Exercise details → Here is a block of records. Copy every line in it that includes "List".

[Extracted material]

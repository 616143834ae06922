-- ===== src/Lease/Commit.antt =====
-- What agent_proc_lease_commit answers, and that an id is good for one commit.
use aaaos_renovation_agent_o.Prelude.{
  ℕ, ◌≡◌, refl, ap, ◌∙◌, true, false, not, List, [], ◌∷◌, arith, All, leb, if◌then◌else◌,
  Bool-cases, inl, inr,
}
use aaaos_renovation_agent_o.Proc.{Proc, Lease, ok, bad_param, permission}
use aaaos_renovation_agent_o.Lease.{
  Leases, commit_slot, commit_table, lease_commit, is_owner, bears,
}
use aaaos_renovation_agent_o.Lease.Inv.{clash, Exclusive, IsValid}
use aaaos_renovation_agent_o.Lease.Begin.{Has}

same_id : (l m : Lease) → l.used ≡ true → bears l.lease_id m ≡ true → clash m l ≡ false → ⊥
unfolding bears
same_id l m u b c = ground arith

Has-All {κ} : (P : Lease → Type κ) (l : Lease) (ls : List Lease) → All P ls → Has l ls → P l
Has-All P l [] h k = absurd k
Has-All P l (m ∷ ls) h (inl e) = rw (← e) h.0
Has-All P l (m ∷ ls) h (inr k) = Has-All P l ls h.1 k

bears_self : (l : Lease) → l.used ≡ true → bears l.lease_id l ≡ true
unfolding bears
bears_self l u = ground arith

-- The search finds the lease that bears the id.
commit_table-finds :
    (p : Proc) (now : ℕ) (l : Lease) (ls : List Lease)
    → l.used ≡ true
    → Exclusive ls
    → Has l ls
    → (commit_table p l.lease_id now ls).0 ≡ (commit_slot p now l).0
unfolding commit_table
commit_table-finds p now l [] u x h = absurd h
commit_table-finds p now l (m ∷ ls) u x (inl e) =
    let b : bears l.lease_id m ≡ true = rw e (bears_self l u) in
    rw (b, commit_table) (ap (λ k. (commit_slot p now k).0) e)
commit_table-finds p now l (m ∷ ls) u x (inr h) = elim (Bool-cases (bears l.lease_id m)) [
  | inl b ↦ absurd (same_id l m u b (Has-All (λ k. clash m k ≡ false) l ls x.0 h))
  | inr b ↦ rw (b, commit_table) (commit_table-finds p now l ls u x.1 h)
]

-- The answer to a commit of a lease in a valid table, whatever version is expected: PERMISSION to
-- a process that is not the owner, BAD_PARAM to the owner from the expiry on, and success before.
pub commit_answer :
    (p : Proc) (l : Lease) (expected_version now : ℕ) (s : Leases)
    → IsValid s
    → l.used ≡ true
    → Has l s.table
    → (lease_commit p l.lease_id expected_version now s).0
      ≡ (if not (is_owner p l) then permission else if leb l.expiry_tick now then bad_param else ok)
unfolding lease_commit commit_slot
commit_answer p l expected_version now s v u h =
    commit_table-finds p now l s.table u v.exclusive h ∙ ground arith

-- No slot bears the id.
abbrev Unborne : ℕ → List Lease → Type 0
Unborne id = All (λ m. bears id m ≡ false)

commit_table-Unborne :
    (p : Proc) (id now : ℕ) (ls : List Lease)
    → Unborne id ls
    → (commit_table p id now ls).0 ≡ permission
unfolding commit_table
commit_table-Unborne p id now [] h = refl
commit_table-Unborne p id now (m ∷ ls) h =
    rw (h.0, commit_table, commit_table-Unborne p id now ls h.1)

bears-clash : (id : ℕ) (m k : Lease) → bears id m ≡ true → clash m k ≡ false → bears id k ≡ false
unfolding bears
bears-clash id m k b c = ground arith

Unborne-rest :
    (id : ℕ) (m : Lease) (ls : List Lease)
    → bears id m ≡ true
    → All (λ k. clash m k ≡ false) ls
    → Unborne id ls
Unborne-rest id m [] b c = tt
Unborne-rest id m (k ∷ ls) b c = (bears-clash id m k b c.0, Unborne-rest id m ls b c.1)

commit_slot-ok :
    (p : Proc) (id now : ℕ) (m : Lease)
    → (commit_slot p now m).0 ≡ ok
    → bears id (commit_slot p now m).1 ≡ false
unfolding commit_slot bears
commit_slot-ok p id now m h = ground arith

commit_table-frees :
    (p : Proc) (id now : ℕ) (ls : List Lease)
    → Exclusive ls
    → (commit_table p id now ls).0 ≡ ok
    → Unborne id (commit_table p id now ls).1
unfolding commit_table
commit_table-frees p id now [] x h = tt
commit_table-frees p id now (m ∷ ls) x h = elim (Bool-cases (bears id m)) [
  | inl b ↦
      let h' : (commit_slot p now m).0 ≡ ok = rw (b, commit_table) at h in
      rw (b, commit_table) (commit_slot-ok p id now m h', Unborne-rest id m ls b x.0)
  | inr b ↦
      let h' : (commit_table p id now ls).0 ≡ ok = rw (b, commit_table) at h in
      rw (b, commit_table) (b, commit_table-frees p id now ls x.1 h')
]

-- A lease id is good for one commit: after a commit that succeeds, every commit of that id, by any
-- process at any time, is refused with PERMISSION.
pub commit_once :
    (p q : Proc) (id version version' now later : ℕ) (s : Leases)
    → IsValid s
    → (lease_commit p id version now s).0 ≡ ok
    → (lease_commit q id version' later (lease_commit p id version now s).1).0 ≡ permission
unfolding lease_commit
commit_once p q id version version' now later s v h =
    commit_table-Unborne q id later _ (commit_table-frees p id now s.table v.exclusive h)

[/Extracted material]

Your response →
  ℕ, ◌≡◌, refl, ap, ◌∙◌, true, false, not, List, [], ◌∷◌, arith, All, leb, if◌then◌else◌,
Has-All {κ} : (P : Lease → Type κ) (l : Lease) (ls : List Lease) → All P ls → Has l ls → P l
    (p : Proc) (now : ℕ) (l : Lease) (ls : List Lease)
abbrev Unborne : ℕ → List Lease → Type 0
    (p : Proc) (id now : ℕ) (ls : List Lease)
    (id : ℕ) (m : Lease) (ls : List Lease)
    (p : Proc) (id now : ℕ) (ls : List Lease)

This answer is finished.